Three: another difference with police – one that activists highlight – is that there’s an institutional relationship between the prosecutor’s office and police departments.
“I think part of some of the bad reactions over the last two years have come from a frustration where the system seems rigged against the citizen, or in favor of the police,” said Michael Benza, a professor who teaches criminal law at Case Western Reserve University’s law school.
He said many prosecutors – including Cuyahoga County Prosecutor Timothy McGinty – are adopting the policy of sending every lethal police use-of-force case to a grand jury for review, as a layer of citizen oversight.
“Adding something that can make it look and be more fair makes it better for the public to be able to say, ‘I don’t like it, but I can accept it,’” Benza said.
But Edward Little doesn’t accept it. He’s one of the Cleveland 8 activists. While he thinks automatic grand jury review “has some merit,” he said, “I think we do have to be mindful that he does control the process.”
Ever heard the saying that prosecutors “can indict a ham sandwich”? There’s a common perception that grand juries, held behind closed doors, are just tools of the prosecutor, and indictments are easy to get. So activists find it suspicious that police aren’t indicted more often.
Jon Oebker, a former assistant Cuyahoga County prosecutor, said in a way, it all boils down to: do you trust your elected official?
“I think the proof is in the recent history in Cuyahoga County, where Prosecutor McGinty aggressively prosecuted officer Brelo. I think that’s an example of how police officers aren’t receiving special treatment,” Oekber said.
But many local activists like Little weren’t satisfied with Brelo’s prosecution, and aren’t impressed with McGinty. They wanted all the officers involved in the shooting deaths of Malissa Williams and Timothy Russell charged and tried.
Some members of the public, in Cleveland and around the country, believe the broader relationship between prosecutors and police make conflict-of-interest inevitable when officers are accused in line-of-duty deaths.

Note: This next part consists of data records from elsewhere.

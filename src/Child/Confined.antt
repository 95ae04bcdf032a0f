-- ===== src/Child/Confined.antt =====
-- `Command::execute` of src/command.cpp: what holds of a child when it executes the command.
use voix.Base.{
  ℕ, ◌≡◌, refl, sym, ap, ◌∙◌, Bool, true, false, ◌&&◌, List, Text, is_empty, All, arith, nat_eq,
  list_eq, if◌then◌else◌,
}
use voix.Rule.{Rule}
use voix.Identity.{UserIdentity}
use voix.Files.{value}
use voix.Config.{Config, SecurityProfile}
use voix.Shell.{exec_args}
use voix.Environment.{CommandOptions, resolve_profile, sanitize_environment, apply_environment}
use voix.Environment.Table.{Env}
use voix.Child.Stages.{
  bind-value, reset_result, transition_result, drop_result, limits_result, close_result,
  confinement_result, filter_of, FilterFor,
}
use voix.Child.{
  Calls, Process, reset_child_signals_and_umask, apply_privilege_transition, apply_capability_drop,
  close_fds, set_resource_limits, apply_resource_limits_and_close_fds, apply_kernel_confinement,
  Execution, do_exec, run_child, survives, target_name,
}

-- The attributes that the stages behind the environment leave as they are.
abbrev kept : Process → ℕ × ℕ × List ℕ × Env × Bool
kept p = (p.uid, p.gid, p.groups, p.environment, p.capabilities)

module _ (calls : Calls) (profile : SecurityProfile) (config : Config) where
  -- The stages behind the environment.
  tail_result :
      (p limited scrubbed q : Process) (executable_fd fd : ℕ)
      → limited ≡ record p { limits = limited.limits }
      → close_fds calls profile executable_fd limited ≡ value (scrubbed, fd)
      → apply_kernel_confinement calls profile config scrubbed ≡ value q
      → (kept q ≡ kept p)
        × (profile.retain_full_capabilities ≡ false
            → (q.no_new_privs ≡ true)
              × (fd ≡ 3)
              × All (λ left. survives calls left ≡ true) q.open_fds
              × FilterFor calls profile config p.filter q.filter)
  tail_result p limited scrubbed q executable_fd fd s4 e5 e6 =
      let s5 = close_result calls profile executable_fd fd limited scrubbed e5 in
      let s6 = confinement_result calls profile config scrubbed q e6 in
      let filter_kept : scrubbed.filter ≡ p.filter =
        ap (λ r. r.filter) s5.0 ∙ ap (λ r. r.filter) s4 in
      (
        ap kept s6.0 ∙ ap kept s5.0 ∙ ap kept s4,
        λ confined.
            let (privs, loaded) = s6.1 confined in
            let (moved, closed) = s5.1 confined in
            let fds : scrubbed.open_fds ≡ q.open_fds = sym (ap (λ r. r.open_fds) s6.0) in
            (
              privs,
              moved,
              rw fds at closed,
              rw filter_kept at (filter_of calls profile config _ q loaded),
            ),
      )

module _ (calls : Calls) (config : Config) (options : CommandOptions) (rule : Rule)
    (target : UserIdentity) (raw_env : List Text) (policy_path : Text) (args : List Text)
    (executable_fd : ℕ) (p : Process) where
  abbrev pub profile : SecurityProfile
  profile = resolve_profile config rule (target_name target)

  abbrev pub final_environment : Env
  final_environment =
      apply_environment profile config options rule target
        (sanitize_environment profile options raw_env)

  -- What holds of an execution that the child gets to.
  abbrev pub Reached : Execution → Type 0
  Reached e =
      (e.process.uid ≡ target.uid)
      × (e.process.gid ≡ target.gid)
      × (e.process.groups ≡ (if is_empty target.groups then p.groups else target.groups))
      × (e.process.environment ≡ final_environment)
      × (e.argv ≡ exec_args options.login_shell policy_path args target)

  -- Moreover, for a profile that does not retain capabilities.
  abbrev pub Confined : Execution → Type 0
  Confined e =
      (e.process.capabilities ≡ false)
      × (e.process.no_new_privs ≡ true)
      × (e.fd ≡ 3)
      × All (λ fd. survives calls fd ≡ true) e.process.open_fds
      × FilterFor calls profile config p.filter e.process.filter

  exec_result :
      (fd : ℕ) (q : Process) (e : Execution)
      → do_exec calls policy_path args options target fd q ≡ value e
      → record {
        process = q;
        fd = fd;
        argv = exec_args options.login_shell policy_path args target;
      }
        ≡ e
  unfolding do_exec
  exec_result fd q e h = ground arith

  -- The attributes behind the first three stages.
  head_result :
      (reset switched dropped : Process)
      → reset_child_signals_and_umask calls p ≡ value reset
      → apply_privilege_transition calls target reset ≡ value switched
      → apply_capability_drop calls profile switched ≡ value dropped
      → dropped ≡ record p {
        default_signals = true;
        umask = 18;
        groups = if is_empty target.groups then p.groups else target.groups;
        gid = target.gid;
        uid = target.uid;
        capabilities = profile.retain_full_capabilities && p.capabilities;
      }
  head_result reset switched dropped e1 e2 e3 =
      rw
        (
          drop_result calls profile switched dropped e3,
          transition_result calls target reset switched e2,
          reset_result calls p reset e1,
        )
        refl

  combined :
      (dropped q : Process) (e : Execution) (fd : ℕ)
      → dropped ≡ record p {
        default_signals = true;
        umask = 18;
        groups = if is_empty target.groups then p.groups else target.groups;
        gid = target.gid;
        uid = target.uid;
        capabilities = profile.retain_full_capabilities && p.capabilities;
      }
      → (kept q ≡ kept (record dropped { environment = final_environment }))
        × (profile.retain_full_capabilities ≡ false
            → (q.no_new_privs ≡ true)
              × (fd ≡ 3)
              × All (λ left. survives calls left ≡ true) q.open_fds
              × FilterFor calls profile config dropped.filter q.filter)
      → record {
        process = q;
        fd = fd;
        argv = exec_args options.login_shell policy_path args target;
      }
        ≡ e
      → Reached e × (profile.retain_full_capabilities ≡ false → Confined e)
  combined dropped q e fd head tail done = rw (sym done) (
    (
      ap (λ k. k.0) tail.0 ∙ ap (λ r. r.uid) head,
      ap (λ k. k.1) tail.0 ∙ ap (λ r. r.gid) head,
      ap (λ k. k.2) tail.0 ∙ ap (λ r. r.groups) head,
      ap (λ k. k.3) tail.0,
      refl,
    ),
    λ unretained.
        let (privs, moved, closed, filtered) = tail.1 unretained in
        let before : dropped.filter ≡ p.filter = ap (λ r. r.filter) head in
        let caps : profile.retain_full_capabilities && p.capabilities ≡ false = ground arith in
        (
          ap (λ k. k.4) tail.0 ∙ ap (λ r. r.capabilities) head ∙ caps,
          privs,
          moved,
          closed,
          rw before at filtered,
        ),
  )

  run_child-stages :
      (e : Execution)
      → run_child calls config options rule target raw_env policy_path args executable_fd p
        ≡ value e
      → Reached e × (profile.retain_full_capabilities ≡ false → Confined e)
  unfolding run_child apply_resource_limits_and_close_fds
  run_child-stages e h =
      let (reset, e1, r1) = bind-value (reset_child_signals_and_umask calls p) _ e h in
      let (switched, e2, r2) = bind-value (apply_privilege_transition calls target reset) _ e r1 in
      let (dropped, e3, r3) = bind-value (apply_capability_drop calls profile switched) _ e r2 in
      let with_env = record dropped { environment = final_environment } in
      let (scrubbed, e45, r45) =
        bind-value (apply_resource_limits_and_close_fds calls profile executable_fd with_env) _ e
          r3 in
      let (limited, e4, e5) =
        bind-value
          (if profile.enable_resource_limits
            then set_resource_limits calls with_env
            else value with_env)
          _ scrubbed e45 in
      let (confined, e6, r6) =
        bind-value (apply_kernel_confinement calls profile config scrubbed.0) _ e r45 in
      let head = head_result reset switched dropped e1 e2 e3 in
      let s4 = limits_result calls profile with_env limited e4 in
      let tail =
        tail_result calls profile config with_env limited scrubbed.0 confined executable_fd
          scrubbed.1 s4 e5 e6 in
      let done = exec_result scrubbed.1 confined e r6 in
      combined dropped confined e scrubbed.1 head tail done

  pub run_child-Reached :
      (e : Execution)
      → run_child calls config options rule target raw_env policy_path args executable_fd p
        ≡ value e
      → Reached e
  run_child-Reached e h = (run_child-stages e h).0

  -- When the child gets to execute the command under a profile that does not retain capabilities, it
  -- has none, can gain no privilege, executes descriptor 3, holds only descriptors that closing
  -- leaves open, and runs under the seccomp filter of the profile's mode; no filter is loaded only
  -- where the mode is blacklist and the configuration or the profile turns it off.
  pub run_child-Confined :
      (e : Execution)
      → run_child calls config options rule target raw_env policy_path args executable_fd p
        ≡ value e
      → profile.retain_full_capabilities ≡ false
      → Confined e
  run_child-Confined e h unretained = (run_child-stages e h).1 unretained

Michael Benza, of Case Western’s law school, says some prosecutors are now going one step beyond grand jury review and asking outside prosecutors – who don’t work with the local police department – to handle any lethal-force cases.
Meyer, from Prosecutor McGinty’s office, said the policy there is recusal only when there are specific, personal conflicts of interest.
Finally, the fourth reason police killings are different: the social and political ramifications.
It’s been eight months since Tamir Rice was killed. Activists charge officials with dragging their feet.
Oebker, the former assistant county prosecutor, agrees that with cops, the process is often slower. But he doesn’t think Rice’s death is being swept under the rug – just the opposite.
“Everyone is being very careful, because they know there’s a lot of eyes on this case,” he said.
Officials in the prosecutor’s office say it just takes more time to build a case against cops.
They say poor hires, bad tactics, inadequate training and equipment – a police department’s flaws can cause preventable, tragic deaths that still cannot be prosecuted as crimes.
Cleveland’s police reform agreement with the U.S. Justice Department lays out a plan for improvement in all those areas.
But activists like Ed Little say that’s not enough – certainly not in the Tamir Rice case.
“If we can’t get an arrest and a charge in the shooting of a 12-year-old child, where and when can we get an arrest and a charge?” Little asked.
Prosecutor McGinty has said it could be months before his office wraps up its investigation into the case.